Apresentação



O presente blog foi criado em Janeiro de 2005. Está em actualização permanente, tal como o seu autor, que decidiu agora regressar ao estudo do Direito. Tem como linha de orientação não comentar processos ou casos concretos, menos ainda o que tenha a ver com a minha profissão, estando o meu site de Advogado aqui, nele se mantendo o mesmo critério. Estou presente também na rede social Linkedin e no Twitter.

José António Barreiros




A continuidade e a inversão.

«Inverte-se o permitido e o proibido. Mas a ignorância, essa, é sempre a mesma»: a reflexão de uma jovem que por mero acaso é também uma jovem jurista. A ler em http://aidadedaspedras.blogspot.com/.

João Antunes Varela

Uma das coisas que me dá verdadeiramente a dimensão do que é a sufocação do trabalho é o ter-me apercebido só agora de que faleceu o professor Antunes Varela, é ter telefonado hoje a um colega e sabê-lo internado há dezoito dias num hospital. É como se vivesse na clausura de um interior, como se só ao ouvir um estrondo me desse conta que parte da rua havia ruído e com ela tudo em redor. Entristeceu-me saber do professor Varela.

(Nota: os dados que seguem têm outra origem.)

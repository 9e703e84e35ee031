-- ===== src/Tar.antt =====
-- TAR archives: src/tar_write.c writes them, src/tar.c walks over them.
pub mod Octal
pub mod Name
pub mod NameFields
pub mod Header
pub mod HeaderFields
pub mod Entry
pub mod Write
pub mod Walk
pub mod Archive
pub mod WalkRun
pub mod WriteRun
pub mod FileRun
pub mod RoundTrip
mod Tests
pub mod Checksum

Organizei há pouco tempo, para o Boletim da Ordem dos Advogados, um número especial de homenagem à sua pessoa. Chamei a mim o redigir-lhe a biografia. O destino encarregou-se de mostrar que era a biografia de uma vida já vivida. Cruzávamo-nos, por vezes, no supermercado, onde modestamente tratava das suas compras. Agora acabou. Morreu um grande homem; ser um excelente jurista era apenas parte dessa grandeza.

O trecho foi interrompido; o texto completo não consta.